Background: The relative dose response (RDR) test, which quantifies the increase in serum retinol after vitamin A administration, is a qualitative measure of liver vitamin A stores. Particularly in preterm infants, the feasibility of the RDR test involving blood is critically dependent on small sample volumes. Objectives: This study aimed to assess whether the RDR calculated with retinol-binding protein 4 (RBP4) might be a substitute for the classical retinol-based RDR test for assessing vitamin A status in very preterm infants. Methods: This study included preterm infants with a birth weight below 1,500 g (n = 63, median birth weight 985 g, median gestational age 27.4 weeks) who were treated with 5,000 IU retinyl palmitate intramuscularly 3 times a week for 4 weeks. On day 3 (first vitamin A injection) and day 28 of life (last vitamin A injection), the RDR was calculated and compared using serum retinol and RBP4 concentrations. Results: The concentrations of retinol (p < 0.001) and RBP4 (p < 0.01) increased significantly from day 3 to day 28. On day 3, the median (IQR) retinol-RDR was 27% (8.4-42.5) and the median RBP4-RDR was 8.4% (-3.4 to 27.9), compared to 7.5% (-10.6 to 20.8) and -0.61% (-19.7 to 15.3) on day 28. The results for retinol-RDR and RBP4-RDR revealed no significant correlation. The agreement between retinol-RDR and RBP4-RDR was poor (day 3: Cohens κ = 0.12; day 28: Cohens κ = 0.18). Conclusion: The RDR test based on circulating RBP4 is unlikely to reflect the hepatic vitamin A status in preterm infants.

Characterization of the vitamin A transport in preterm infants after repeated high-dose vitamin A injections.

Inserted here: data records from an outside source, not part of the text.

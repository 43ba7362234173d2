-- ===== src/Examples/Schedules.antt =====
-- A vault that takes a timed snapshot, at concrete values.
use soal.Base.{
  ℕ, replicate, zero, suc, ◌≡◌, ◌≢◌, ◌⊎◌, ◌<◌, ◌≤◌, ◌+◌, refl, Bytes, [], ◌∷◌, Option, none, some,
  ok, arith,
}
use soal.Content.{codes}
use soal.Disk.{Disk, quiet, ◌>>=◌, pure}
use soal.Policy.{VaultPolicy, PolicyState, default_policy}
use soal.Policy.Registry.{Json, load_state}
use soal.Vault.{Crates, Vault}
use soal.Vault.Heads.{head, head_file}
use soal.Vault.Heads.Found.{head_of_digits}
use soal.Content.Hex.{to_hex}
use soal.Map.{lookup}
use soal.Examples.Crates.{hex, sum_hash-IsArray}
use soal.Schedule.{maybe_auto_snapshot, auto_snapshot, auto_message}
use soal.Schedule.Pace.{ReadsBack, maybe_auto_snapshot-pace}
use soal.Examples.Vaults.{crates, files, of_length}
use soal.Examples.Members.{config}

-- A text that holds the four fields.
abbrev print_state : PolicyState → Bytes
print_state s = elim s.last_auto_snapshot_head [
  | none ↦ 0 ∷ s.last_auto_snapshot_at ∷ s.auto_snapshot_count ∷ s.updated_at ∷ []
  | some digits ↦ 1 ∷ s.last_auto_snapshot_at ∷ s.auto_snapshot_count ∷ s.updated_at ∷ digits
]

abbrev read_state : Bytes → Option PolicyState
read_state (zero ∷ at ∷ count ∷ updated ∷ digits) = some (record {
  last_auto_snapshot_at = at;
  last_auto_snapshot_head = none;
  auto_snapshot_count = count;
  updated_at = updated;
})
read_state (suc n ∷ at ∷ count ∷ updated ∷ digits) = some (record {
  last_auto_snapshot_at = at;
  last_auto_snapshot_head = some digits;
  auto_snapshot_count = count;
  updated_at = updated;
})
read_state _ = none

abbrev timed_crates : Crates
timed_crates = record crates {
  state_json = record { to_string = print_state; from_str = read_state };
  snapshots_json = record { to_string = λ l. []; from_str = λ s. some (record { entries = [] }) };
}

abbrev pub local : Vault
local = record { name = codes "v"; config = config; key = none; soal_home = none }

abbrev every_ten : VaultPolicy
every_ten = record default_policy { snapshot_interval_secs = 10 }

state-ReadsBack : ReadsBack timed_crates.state_json
state-ReadsBack s =
    go s.last_auto_snapshot_at s.auto_snapshot_count s.updated_at s.last_auto_snapshot_head
  where
    go :
        (at count updated : ℕ) (o : Option Bytes)
        → read_state (
            print_state (record {
              last_auto_snapshot_at = at;
              last_auto_snapshot_head = o;
              auto_snapshot_count = count;
              updated_at = updated;
            }))
          ≡ some (record {
            last_auto_snapshot_at = at;
            last_auto_snapshot_head = o;
            auto_snapshot_count = count;
            updated_at = updated;
          })
    go at count updated none = refl
    go at count updated (some digits) = refl

abbrev snapped_at_20 : Disk
snapped_at_20 = (maybe_auto_snapshot timed_crates local every_ten 20 (codes "x") (quiet files)).1

takes :
    maybe_auto_snapshot timed_crates local every_ten 20 (codes "x") (quiet files)
    ≡ (ok (some (of_length 206)), snapped_at_20)
unfolding soal.Codec.CommitWire.encode_commit_wire soal.Codec.Frame.cid_of soal.Codec.Utf8.is_utf8
    soal.Content.Hex.decode_hash soal.Content.Hex.from_hex soal.Content.Hex.is_ascii_hexdigit
    soal.Content.Hex.to_hex soal.Content.Text.space_back soal.Content.Text.space_front
    soal.Content.Text.trim soal.Content.bytes_eq soal.Content.bytes_ltb soal.Disk.attempt
    soal.Disk.bind_at soal.Disk.call soal.Disk.contents soal.Disk.create soal.Disk.exists
    soal.Disk.lift soal.Disk.move_to soal.Disk.pure soal.Disk.read_file soal.Disk.rename
    soal.Disk.replace soal.Disk.write_all soal.Disk.write_file soal.Disk.◌>>=◌
    soal.Examples.Crates.decode soal.Examples.Crates.encode soal.Map.insert soal.Map.lookup
    soal.Map.remove soal.Network.digits_of soal.Network.u64_to_string
    soal.Policy.Registry.apply_retention soal.Policy.Registry.load_or
    soal.Policy.Registry.load_policy soal.Policy.Registry.load_snapshots
    soal.Policy.Registry.load_state soal.Policy.Registry.parse_file
    soal.Policy.Registry.prune_snapshot_registry soal.Policy.Registry.register_snapshot
    soal.Policy.Registry.save_policy soal.Policy.Registry.save_snapshots
    soal.Policy.Registry.save_state soal.Policy.Registry.seed_policy soal.Policy.snapshot_due
    soal.Policy.validate soal.Schedule.auto_message soal.Schedule.auto_snapshot
    soal.Schedule.maybe_auto_snapshot soal.Schedule.snapshot_if_due soal.Schedule.snapshot_of_head
    soal.Vault.Dual.commit_from_bytes soal.Vault.Dual.commit_hash
    soal.Vault.Dual.commit_legacy_json_hash soal.Vault.Edit.commit_tree soal.Vault.Edit.ignore
    soal.Vault.Edit.retain_by_policy soal.Vault.Edit.snapshot soal.Vault.Edit.snapshot_at
    soal.Vault.Heads.head soal.Vault.Heads.read_head soal.Vault.Heads.read_to_string
    soal.Vault.Heads.set_head soal.Vault.Node.author_of soal.Vault.Node.make_commit
    soal.Vault.Node.sign_at soal.Vault.Objects.commit_path_bin soal.Vault.Objects.commit_path_json
    soal.Vault.Objects.load_commit soal.Vault.Objects.load_commit_json
    soal.Vault.Objects.save_commit soal.Vault.Objects.tree_path_json
    soal.Codec.CommitWire.commit_cid soal.Codec.CommitWire.encode_commit_body soal.Commit.new
    soal.Codec.Frame.frame soal.Codec.Cbor.write_bstr soal.Codec.Cbor.push_uint
    soal.Commit.signature_bytes soal.Codec.Cbor.write_u64 soal.Codec.CommitWire.write_signed_fields
    soal.Codec.CommitWire.wire_version soal.Codec.Cbor.write_tstr
    soal.Codec.CommitWire.author_to_bytes soal.Codec.Fields.write_hashes
    soal.Codec.Cbor.write_array_header soal.Codec.Cbor.write_map_header
takes = refl

head_text : lookup head_file snapped_at_20.files ≡ some (to_hex hex (of_length 206))
unfolding soal.Codec.CommitWire.encode_commit_wire soal.Codec.Frame.cid_of soal.Codec.Utf8.is_utf8
    soal.Content.Hex.decode_hash soal.Content.Hex.from_hex soal.Content.Hex.is_ascii_hexdigit
    soal.Content.Hex.to_hex soal.Content.Text.space_back soal.Content.Text.space_front
    soal.Content.Text.trim soal.Content.bytes_eq soal.Content.bytes_ltb soal.Disk.attempt
    soal.Disk.bind_at soal.Disk.call soal.Disk.contents soal.Disk.create soal.Disk.exists
    soal.Disk.lift soal.Disk.move_to soal.Disk.pure soal.Disk.read_file soal.Disk.rename
    soal.Disk.replace soal.Disk.write_all soal.Disk.write_file soal.Disk.◌>>=◌
    soal.Examples.Crates.decode soal.Examples.Crates.encode soal.Map.insert soal.Map.lookup
    soal.Map.remove soal.Network.digits_of soal.Network.u64_to_string
    soal.Policy.Registry.apply_retention soal.Policy.Registry.load_or
    soal.Policy.Registry.load_policy soal.Policy.Registry.load_snapshots
    soal.Policy.Registry.load_state soal.Policy.Registry.parse_file
    soal.Policy.Registry.prune_snapshot_registry soal.Policy.Registry.register_snapshot
    soal.Policy.Registry.save_policy soal.Policy.Registry.save_snapshots
    soal.Policy.Registry.save_state soal.Policy.Registry.seed_policy soal.Policy.snapshot_due
    soal.Policy.validate soal.Schedule.auto_message soal.Schedule.auto_snapshot
    soal.Schedule.maybe_auto_snapshot soal.Schedule.snapshot_if_due soal.Schedule.snapshot_of_head
    soal.Vault.Dual.commit_from_bytes soal.Vault.Dual.commit_hash
    soal.Vault.Dual.commit_legacy_json_hash soal.Vault.Edit.commit_tree soal.Vault.Edit.ignore
    soal.Vault.Edit.retain_by_policy soal.Vault.Edit.snapshot soal.Vault.Edit.snapshot_at
    soal.Vault.Heads.head soal.Vault.Heads.read_head soal.Vault.Heads.read_to_string
    soal.Vault.Heads.set_head soal.Vault.Node.author_of soal.Vault.Node.make_commit
    soal.Vault.Node.sign_at soal.Vault.Objects.commit_path_bin soal.Vault.Objects.commit_path_json
    soal.Vault.Objects.load_commit soal.Vault.Objects.load_commit_json
    soal.Vault.Objects.save_commit soal.Vault.Objects.tree_path_json
    soal.Codec.CommitWire.commit_cid soal.Codec.CommitWire.encode_commit_body soal.Commit.new
    soal.Codec.Frame.frame soal.Codec.Cbor.write_bstr soal.Codec.Cbor.push_uint
    soal.Commit.signature_bytes soal.Codec.Cbor.write_u64 soal.Codec.CommitWire.write_signed_fields
    soal.Codec.CommitWire.wire_version soal.Codec.Cbor.write_tstr
    soal.Codec.CommitWire.author_to_bytes soal.Codec.Fields.write_hashes
    soal.Codec.Cbor.write_array_header soal.Codec.Cbor.write_map_header
head_text = refl

headed :
    head timed_crates (quiet snapped_at_20.files)
    ≡ (ok (some (of_length 206)), quiet snapped_at_20.files)
headed =
    head_of_digits timed_crates (of_length 206) (sum_hash-IsArray (replicate 206 0))
      snapped_at_20.files head_text

maybe_auto_snapshot-pace_example :
    ((29 < 20 + 10)
      × (maybe_auto_snapshot timed_crates local every_ten 29 (codes "y") (quiet snapped_at_20.files)
          ≡ (ok none, quiet snapped_at_20.files)))
    ⊎ ((20 + 10 ≤ 29)
        × ((maybe_auto_snapshot timed_crates local every_ten 29
              (codes "y")
              (quiet snapped_at_20.files)).0
            ≢ ok none)
        × ((state : PolicyState) × (load_state timed_crates.state_json (quiet snapped_at_20.files)
              ≡ (ok state, quiet snapped_at_20.files))
            × (maybe_auto_snapshot timed_crates local every_ten 29
                  (codes "y")
                  (quiet snapped_at_20.files)
                ≡ (auto_snapshot timed_crates local every_ten 29
                        (auto_message timed_crates (codes "y") 29)
                        state
                      >>= (λ h. pure (some h)))
                    (quiet snapped_at_20.files))))
maybe_auto_snapshot-pace_example =
    maybe_auto_snapshot-pace timed_crates local every_ten 20 (codes "x") (of_length 206)
      (of_length 206) (quiet files) snapped_at_20 (codes "y") 29 state-ReadsBack not_0 takes headed
      (omega arith)
  where
    not_0 : ¬ ◌≡◌ {A = ℕ} 20 0
    not_0 e = omega (arith, e)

Background/Objectives:Preterm infants have low vitamin A stores at birth, and parenteral administration of high-dose vitamin A reduces pulmonary morbidity. The aim was to characterize vitamin A transport and status.Subjects/Methods:Prospective study of 69 preterm infants (median birth weight 995 g, gestational age 28 weeks), in which 51 received 5000 IU vitamin A three times per week intramuscular (i.m.) for 4 weeks and 18 infants without i.m. vitamin A served as controls. Serum retinol, retinyl palmitate, total retinol-binding protein 4 (RBP4), retinol-unbound RBP4 (apo-RBP4) and transthyretin concentrations were determined at days 3 (D3) and 28 (D28) of life.Results:D3 retinol concentrations were low for the entire group (382 (285/531) nmol/l; median/interquartile range) and unrelated to gestational age. D28 retinol was unchanged in controls (382 (280/471) nmol/l), but increased in the vitamin A group (596 (480/825) nmol/l; P<0.001). A similar pattern was observed for RBP4. The calculated retinol-to-RBP4 ratio rose in vitamin A infants (D3: 0.81 (0.57/0.94), D28: 0.98 (0.77/1.26); P<0.01) but not in controls. In the vitamin A group, the retinol-to-RBP4 ratio was >1 in 15% of all infants on D3 and in 45% of infants on D28, but was ⩽1 in all, but one, controls on D28.Conclusions:In preterm infants receiving a 4-week course of high-dose i.m. vitamin A, serum retinol concentrations increased by 55%, with molar concentrations of retinol exceeding those of RBP4 in 45% of the infants suggesting transport mechanisms other than RBP4.